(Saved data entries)

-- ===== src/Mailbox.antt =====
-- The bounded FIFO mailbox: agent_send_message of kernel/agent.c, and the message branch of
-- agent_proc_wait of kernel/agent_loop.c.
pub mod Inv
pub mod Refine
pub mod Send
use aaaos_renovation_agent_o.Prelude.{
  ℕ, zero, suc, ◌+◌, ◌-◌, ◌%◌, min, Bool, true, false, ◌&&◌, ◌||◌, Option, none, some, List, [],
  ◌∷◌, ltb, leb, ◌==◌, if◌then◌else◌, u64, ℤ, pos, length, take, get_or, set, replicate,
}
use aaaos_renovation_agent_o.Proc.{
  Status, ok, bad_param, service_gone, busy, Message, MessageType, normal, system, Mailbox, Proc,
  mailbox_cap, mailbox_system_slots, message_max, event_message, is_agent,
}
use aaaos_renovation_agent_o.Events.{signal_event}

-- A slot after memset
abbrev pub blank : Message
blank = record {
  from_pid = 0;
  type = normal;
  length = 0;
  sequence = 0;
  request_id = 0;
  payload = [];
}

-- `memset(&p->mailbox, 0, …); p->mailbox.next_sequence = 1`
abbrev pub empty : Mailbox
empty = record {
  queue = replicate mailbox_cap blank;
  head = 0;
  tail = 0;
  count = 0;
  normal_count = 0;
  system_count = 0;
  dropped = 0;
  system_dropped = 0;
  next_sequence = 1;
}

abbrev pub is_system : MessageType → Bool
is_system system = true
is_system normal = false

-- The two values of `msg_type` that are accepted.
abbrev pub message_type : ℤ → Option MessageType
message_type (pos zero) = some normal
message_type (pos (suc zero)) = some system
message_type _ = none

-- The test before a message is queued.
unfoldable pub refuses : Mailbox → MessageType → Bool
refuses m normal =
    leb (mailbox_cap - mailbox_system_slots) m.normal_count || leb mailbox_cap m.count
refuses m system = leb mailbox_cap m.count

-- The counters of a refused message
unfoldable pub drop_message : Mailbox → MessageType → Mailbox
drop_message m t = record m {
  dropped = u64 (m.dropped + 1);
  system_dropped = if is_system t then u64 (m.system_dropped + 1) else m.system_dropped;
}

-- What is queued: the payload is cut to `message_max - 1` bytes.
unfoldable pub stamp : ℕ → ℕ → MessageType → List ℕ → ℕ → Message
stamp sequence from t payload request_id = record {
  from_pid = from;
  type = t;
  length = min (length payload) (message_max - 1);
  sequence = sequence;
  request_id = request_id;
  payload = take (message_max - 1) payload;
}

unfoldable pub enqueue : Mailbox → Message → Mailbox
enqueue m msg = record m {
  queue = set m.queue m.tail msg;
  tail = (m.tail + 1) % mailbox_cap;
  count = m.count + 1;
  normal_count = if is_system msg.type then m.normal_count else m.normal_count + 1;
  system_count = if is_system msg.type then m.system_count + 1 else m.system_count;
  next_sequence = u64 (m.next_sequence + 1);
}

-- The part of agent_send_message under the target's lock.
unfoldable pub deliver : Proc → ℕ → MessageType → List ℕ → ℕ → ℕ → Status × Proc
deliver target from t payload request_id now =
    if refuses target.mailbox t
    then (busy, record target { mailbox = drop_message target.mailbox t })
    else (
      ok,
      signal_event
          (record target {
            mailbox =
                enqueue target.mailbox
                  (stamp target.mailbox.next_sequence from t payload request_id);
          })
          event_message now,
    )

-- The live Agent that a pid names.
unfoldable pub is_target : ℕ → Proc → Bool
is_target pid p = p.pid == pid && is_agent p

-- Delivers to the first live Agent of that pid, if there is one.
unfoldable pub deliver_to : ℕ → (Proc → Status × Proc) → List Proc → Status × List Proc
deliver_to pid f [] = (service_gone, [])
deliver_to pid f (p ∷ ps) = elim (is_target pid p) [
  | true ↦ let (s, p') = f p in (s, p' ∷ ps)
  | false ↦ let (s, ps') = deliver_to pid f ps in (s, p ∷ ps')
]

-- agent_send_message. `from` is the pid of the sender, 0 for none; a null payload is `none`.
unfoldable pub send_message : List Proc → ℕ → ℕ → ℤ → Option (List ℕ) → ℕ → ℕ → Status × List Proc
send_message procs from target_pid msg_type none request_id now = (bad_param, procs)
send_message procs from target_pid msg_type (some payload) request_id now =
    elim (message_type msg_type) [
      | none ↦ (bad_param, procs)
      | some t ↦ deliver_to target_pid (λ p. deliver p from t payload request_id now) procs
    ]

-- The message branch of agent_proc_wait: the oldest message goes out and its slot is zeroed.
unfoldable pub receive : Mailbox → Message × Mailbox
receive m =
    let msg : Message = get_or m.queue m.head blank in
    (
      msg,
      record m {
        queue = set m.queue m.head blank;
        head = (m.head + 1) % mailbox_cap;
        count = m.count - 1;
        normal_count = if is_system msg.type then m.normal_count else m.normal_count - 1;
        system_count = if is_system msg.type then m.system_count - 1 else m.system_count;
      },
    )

■ Required work
From the records, copy every line that has the string "some" in it.

■ Exercise output
  ℕ, zero, suc, ◌+◌, ◌-◌, ◌%◌, min, Bool, true, false, ◌&&◌, ◌||◌, Option, none, some, List, [],
message_type (pos zero) = some normal
message_type (pos (suc zero)) = some system
send_message procs from target_pid msg_type (some payload) request_id now =
      | some t ↦ deliver_to target_pid (λ p. deliver p from t payload request_id now) procs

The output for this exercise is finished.